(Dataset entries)
****

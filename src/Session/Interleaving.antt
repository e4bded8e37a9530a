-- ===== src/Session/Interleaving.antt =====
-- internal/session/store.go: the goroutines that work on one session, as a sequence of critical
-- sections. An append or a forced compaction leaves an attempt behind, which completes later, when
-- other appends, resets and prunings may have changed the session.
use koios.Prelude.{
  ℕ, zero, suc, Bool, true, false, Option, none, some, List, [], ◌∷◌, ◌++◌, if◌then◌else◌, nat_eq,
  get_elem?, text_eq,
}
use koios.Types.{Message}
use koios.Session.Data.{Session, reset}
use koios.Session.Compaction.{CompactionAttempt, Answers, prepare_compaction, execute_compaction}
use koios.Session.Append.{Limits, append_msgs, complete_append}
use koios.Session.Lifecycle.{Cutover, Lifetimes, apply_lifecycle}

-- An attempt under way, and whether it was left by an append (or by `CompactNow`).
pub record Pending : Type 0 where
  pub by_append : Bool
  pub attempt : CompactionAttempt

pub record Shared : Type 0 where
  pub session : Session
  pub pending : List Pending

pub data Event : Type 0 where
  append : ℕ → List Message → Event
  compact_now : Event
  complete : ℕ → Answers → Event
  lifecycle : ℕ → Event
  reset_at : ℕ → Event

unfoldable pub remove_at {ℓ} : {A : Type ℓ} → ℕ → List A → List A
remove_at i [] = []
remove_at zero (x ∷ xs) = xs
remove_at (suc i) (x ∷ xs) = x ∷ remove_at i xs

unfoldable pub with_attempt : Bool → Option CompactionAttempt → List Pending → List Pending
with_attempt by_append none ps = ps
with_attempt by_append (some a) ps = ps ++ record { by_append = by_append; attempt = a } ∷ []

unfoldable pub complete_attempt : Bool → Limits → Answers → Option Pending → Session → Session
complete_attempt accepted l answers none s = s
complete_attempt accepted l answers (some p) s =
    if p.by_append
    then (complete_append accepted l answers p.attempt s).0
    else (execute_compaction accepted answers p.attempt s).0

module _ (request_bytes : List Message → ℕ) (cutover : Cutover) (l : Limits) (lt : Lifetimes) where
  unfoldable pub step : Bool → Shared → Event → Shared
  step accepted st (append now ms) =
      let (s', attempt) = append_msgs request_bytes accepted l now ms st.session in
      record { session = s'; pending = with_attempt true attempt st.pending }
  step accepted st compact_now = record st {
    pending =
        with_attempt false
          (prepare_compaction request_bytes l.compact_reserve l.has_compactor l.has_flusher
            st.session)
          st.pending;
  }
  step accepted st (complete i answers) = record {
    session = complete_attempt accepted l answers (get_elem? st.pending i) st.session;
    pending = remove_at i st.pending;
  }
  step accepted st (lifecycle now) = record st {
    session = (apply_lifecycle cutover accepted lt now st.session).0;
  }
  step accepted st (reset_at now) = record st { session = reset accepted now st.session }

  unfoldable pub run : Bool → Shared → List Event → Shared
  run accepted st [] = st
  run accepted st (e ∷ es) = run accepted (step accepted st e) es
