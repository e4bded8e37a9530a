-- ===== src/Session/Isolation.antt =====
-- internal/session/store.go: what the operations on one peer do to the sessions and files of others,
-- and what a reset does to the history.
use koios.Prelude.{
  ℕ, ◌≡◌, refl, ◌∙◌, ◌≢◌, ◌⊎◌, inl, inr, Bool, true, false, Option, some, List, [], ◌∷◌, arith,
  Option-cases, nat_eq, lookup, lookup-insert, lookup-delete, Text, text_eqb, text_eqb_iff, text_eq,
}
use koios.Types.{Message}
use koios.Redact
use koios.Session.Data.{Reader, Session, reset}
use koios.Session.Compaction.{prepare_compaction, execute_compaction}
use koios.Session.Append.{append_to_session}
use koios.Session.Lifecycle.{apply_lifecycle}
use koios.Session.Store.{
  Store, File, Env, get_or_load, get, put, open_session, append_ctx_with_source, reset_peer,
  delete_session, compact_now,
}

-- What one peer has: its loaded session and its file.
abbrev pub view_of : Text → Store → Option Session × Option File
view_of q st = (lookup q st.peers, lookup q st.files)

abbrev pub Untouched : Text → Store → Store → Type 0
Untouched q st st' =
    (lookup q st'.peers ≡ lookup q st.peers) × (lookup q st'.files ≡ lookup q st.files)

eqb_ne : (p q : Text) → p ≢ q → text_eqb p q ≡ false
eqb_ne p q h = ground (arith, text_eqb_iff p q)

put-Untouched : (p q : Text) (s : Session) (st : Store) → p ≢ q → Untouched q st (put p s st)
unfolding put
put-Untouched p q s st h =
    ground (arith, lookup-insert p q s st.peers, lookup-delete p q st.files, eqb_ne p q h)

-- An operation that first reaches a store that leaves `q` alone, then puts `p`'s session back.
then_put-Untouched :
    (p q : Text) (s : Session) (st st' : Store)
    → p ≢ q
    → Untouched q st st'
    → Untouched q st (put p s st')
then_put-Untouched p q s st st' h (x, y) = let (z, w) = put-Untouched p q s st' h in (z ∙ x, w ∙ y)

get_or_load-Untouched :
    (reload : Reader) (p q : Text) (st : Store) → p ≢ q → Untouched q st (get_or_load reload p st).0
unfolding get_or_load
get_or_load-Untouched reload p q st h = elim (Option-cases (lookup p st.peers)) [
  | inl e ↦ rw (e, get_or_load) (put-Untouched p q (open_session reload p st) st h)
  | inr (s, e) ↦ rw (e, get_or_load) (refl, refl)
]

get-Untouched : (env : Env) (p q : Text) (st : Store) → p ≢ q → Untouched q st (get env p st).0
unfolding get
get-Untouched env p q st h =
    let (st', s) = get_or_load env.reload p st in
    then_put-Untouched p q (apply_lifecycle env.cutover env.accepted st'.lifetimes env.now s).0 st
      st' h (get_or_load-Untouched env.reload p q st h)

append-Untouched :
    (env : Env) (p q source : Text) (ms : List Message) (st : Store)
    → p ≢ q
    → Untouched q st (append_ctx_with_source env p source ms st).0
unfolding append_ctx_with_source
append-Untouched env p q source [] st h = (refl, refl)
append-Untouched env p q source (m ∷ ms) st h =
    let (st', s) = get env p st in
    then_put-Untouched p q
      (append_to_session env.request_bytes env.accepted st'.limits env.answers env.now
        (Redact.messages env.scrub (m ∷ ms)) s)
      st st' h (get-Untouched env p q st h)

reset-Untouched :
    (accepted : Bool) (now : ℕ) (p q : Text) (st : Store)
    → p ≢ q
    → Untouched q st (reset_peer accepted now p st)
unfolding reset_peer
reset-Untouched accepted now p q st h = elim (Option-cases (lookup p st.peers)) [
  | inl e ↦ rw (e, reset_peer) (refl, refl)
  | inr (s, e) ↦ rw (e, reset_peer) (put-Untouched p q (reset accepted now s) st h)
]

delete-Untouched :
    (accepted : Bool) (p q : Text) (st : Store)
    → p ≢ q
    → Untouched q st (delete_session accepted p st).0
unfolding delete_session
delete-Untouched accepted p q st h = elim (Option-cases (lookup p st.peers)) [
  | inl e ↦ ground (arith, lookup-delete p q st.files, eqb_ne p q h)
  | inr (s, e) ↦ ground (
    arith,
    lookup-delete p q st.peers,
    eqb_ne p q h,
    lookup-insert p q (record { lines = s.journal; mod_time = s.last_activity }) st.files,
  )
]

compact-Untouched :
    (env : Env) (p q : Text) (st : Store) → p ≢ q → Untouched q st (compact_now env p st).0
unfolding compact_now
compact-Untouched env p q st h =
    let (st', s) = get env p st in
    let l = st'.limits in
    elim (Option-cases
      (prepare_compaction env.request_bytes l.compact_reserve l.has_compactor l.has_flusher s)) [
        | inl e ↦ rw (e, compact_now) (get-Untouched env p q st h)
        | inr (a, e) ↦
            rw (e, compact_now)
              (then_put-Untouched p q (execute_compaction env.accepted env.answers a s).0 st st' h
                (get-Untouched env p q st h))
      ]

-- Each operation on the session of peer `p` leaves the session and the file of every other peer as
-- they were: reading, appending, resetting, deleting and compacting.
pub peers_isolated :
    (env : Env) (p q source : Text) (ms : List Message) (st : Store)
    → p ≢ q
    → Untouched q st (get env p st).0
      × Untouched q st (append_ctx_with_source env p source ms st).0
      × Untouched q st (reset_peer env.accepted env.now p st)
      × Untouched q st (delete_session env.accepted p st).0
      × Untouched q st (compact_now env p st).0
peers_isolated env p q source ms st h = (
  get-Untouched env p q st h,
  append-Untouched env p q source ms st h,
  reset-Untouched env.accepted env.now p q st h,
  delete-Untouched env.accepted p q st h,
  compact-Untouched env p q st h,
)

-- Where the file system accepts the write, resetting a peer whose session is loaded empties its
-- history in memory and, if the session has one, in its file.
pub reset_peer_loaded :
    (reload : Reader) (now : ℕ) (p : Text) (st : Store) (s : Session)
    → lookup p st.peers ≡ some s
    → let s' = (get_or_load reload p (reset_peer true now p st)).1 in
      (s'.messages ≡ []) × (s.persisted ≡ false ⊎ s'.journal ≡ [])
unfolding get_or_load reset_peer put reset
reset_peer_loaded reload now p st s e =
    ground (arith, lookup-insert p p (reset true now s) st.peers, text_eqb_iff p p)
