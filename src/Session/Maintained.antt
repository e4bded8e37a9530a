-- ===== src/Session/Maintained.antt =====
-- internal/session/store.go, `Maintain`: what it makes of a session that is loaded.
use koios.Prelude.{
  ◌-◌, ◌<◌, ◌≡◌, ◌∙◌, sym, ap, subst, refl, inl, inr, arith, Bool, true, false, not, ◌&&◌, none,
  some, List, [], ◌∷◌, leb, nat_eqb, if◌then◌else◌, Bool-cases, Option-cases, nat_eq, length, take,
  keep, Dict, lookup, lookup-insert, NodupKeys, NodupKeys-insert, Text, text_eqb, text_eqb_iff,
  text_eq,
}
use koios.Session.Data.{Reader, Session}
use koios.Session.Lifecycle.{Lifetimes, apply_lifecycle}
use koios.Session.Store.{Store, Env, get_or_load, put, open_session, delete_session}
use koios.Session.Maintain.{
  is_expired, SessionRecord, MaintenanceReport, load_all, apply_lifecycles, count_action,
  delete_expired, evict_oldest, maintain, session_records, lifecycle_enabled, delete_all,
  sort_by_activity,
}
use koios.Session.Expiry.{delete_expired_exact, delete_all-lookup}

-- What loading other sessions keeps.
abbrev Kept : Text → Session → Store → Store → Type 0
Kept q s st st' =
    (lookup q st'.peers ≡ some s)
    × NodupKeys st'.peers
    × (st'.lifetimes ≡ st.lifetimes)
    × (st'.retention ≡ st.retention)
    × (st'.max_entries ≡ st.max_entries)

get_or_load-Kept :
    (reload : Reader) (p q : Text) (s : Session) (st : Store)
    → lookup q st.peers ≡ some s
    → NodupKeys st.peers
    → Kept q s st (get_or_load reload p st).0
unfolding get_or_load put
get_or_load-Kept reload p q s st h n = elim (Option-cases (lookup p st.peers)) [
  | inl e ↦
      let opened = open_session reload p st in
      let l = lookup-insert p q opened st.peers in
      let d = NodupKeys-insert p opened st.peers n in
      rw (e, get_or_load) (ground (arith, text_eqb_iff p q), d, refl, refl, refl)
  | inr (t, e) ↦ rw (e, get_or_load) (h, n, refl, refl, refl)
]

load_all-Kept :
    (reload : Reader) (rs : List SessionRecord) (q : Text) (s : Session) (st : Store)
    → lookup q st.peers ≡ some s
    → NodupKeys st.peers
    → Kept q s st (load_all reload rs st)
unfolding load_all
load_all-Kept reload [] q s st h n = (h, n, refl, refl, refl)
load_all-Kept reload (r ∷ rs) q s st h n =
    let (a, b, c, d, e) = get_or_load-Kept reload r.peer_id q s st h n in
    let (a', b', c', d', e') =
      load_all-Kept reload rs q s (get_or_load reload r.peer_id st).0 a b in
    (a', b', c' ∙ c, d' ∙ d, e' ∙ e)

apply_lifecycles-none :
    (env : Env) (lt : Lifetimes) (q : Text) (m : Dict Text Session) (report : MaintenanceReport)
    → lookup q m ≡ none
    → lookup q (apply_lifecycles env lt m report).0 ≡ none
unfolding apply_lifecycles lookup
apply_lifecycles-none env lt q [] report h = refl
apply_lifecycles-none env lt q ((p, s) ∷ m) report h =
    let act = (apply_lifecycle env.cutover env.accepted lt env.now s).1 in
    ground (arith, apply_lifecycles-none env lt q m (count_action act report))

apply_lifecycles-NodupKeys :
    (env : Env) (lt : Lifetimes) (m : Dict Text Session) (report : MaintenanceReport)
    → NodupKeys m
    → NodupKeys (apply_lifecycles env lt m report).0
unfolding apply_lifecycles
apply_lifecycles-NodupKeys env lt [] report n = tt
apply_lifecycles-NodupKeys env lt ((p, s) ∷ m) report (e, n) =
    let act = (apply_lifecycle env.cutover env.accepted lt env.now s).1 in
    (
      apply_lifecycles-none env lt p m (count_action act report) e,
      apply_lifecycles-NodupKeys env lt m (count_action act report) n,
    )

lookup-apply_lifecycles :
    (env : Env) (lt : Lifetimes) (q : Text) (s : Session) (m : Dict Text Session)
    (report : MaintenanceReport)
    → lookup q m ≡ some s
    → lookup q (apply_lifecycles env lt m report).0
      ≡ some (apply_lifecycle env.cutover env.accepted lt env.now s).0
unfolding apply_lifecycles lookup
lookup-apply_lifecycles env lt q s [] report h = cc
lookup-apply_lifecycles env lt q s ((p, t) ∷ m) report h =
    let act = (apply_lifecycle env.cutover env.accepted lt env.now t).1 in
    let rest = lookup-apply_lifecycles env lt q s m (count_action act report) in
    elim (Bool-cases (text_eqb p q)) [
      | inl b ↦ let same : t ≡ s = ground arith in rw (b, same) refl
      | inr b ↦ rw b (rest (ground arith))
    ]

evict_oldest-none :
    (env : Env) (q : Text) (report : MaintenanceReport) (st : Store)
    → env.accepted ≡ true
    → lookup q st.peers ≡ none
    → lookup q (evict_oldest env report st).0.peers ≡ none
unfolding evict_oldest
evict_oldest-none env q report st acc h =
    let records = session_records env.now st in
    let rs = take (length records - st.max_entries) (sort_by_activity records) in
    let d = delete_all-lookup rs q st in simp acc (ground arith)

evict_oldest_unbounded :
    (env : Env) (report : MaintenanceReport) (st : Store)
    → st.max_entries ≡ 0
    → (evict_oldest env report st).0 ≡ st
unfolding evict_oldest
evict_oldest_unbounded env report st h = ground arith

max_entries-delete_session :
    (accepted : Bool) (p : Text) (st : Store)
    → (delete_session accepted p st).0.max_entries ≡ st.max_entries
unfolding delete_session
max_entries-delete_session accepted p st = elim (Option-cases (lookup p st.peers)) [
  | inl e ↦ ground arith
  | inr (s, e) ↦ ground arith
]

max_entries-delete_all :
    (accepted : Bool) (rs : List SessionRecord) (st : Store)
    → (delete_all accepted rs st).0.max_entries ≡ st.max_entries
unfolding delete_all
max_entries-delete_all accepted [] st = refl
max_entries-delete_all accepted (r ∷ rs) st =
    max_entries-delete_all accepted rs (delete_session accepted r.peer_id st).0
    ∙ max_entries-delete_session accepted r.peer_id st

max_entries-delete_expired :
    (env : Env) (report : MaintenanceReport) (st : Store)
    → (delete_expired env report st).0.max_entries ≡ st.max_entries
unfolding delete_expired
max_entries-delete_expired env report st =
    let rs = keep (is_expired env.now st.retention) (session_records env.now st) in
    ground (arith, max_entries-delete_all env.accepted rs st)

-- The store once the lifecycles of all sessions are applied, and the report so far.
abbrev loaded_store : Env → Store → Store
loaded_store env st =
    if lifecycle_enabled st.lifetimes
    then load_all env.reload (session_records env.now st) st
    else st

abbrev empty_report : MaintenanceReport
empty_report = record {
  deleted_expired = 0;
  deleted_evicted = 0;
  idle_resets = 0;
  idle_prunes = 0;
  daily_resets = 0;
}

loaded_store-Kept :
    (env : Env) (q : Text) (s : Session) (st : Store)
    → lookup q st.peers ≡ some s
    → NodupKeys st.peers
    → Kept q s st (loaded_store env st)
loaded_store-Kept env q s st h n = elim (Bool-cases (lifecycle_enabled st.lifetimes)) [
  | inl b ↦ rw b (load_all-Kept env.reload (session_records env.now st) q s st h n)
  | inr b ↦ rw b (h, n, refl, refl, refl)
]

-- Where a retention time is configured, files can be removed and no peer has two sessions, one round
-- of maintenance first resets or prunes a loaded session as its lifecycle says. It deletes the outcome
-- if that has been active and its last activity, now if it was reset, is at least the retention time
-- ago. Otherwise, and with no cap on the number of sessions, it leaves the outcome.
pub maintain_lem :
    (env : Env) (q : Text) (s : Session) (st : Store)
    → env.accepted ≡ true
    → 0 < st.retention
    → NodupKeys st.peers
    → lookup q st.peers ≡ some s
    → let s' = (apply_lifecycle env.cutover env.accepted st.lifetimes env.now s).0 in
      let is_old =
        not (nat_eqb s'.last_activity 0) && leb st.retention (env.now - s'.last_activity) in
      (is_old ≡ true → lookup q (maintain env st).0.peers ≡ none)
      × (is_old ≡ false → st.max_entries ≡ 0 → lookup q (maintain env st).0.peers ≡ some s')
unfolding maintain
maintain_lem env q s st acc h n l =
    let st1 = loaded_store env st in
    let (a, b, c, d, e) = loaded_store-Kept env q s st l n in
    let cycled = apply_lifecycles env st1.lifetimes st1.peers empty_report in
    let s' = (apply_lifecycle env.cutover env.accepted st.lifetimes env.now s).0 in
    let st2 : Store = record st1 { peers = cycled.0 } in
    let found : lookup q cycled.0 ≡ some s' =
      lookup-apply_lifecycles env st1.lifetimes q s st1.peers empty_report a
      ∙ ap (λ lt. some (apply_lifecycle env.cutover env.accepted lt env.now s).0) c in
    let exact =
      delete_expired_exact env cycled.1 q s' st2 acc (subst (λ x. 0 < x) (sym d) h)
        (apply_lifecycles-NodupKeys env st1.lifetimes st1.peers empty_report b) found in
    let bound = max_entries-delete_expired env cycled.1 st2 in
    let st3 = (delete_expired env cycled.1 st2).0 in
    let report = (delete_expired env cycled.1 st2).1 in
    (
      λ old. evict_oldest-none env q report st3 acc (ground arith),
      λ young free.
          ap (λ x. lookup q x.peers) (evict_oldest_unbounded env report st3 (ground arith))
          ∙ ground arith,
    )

****

What is being asked: Begin at the first line of the records above and quote every line verbatim through the one that contains "pub by_append : Bool".

Answer for this exercise:
filename src/Session/Interleaving.antt
repository e4bded8e37a9530a
-- ===== src/Session/Interleaving.antt =====
-- internal/session/store.go: the goroutines that work on one session, as a sequence of critical
-- sections. An append or a forced compaction leaves an attempt behind, which completes later, when
-- other appends, resets and prunings may have changed the session.
use koios.Prelude.{
  ℕ, zero, suc, Bool, true, false, Option, none, some, List, [], ◌∷◌, ◌++◌, if◌then◌else◌, nat_eq,
  get_elem?, text_eq,
}
use koios.Types.{Message}
use koios.Session.Data.{Session, reset}
use koios.Session.Compaction.{CompactionAttempt, Answers, prepare_compaction, execute_compaction}
use koios.Session.Append.{Limits, append_msgs, complete_append}
use koios.Session.Lifecycle.{Cutover, Lifetimes, apply_lifecycle}

-- An attempt under way, and whether it was left by an append (or by `CompactNow`).
pub record Pending : Type 0 where
  pub by_append : Bool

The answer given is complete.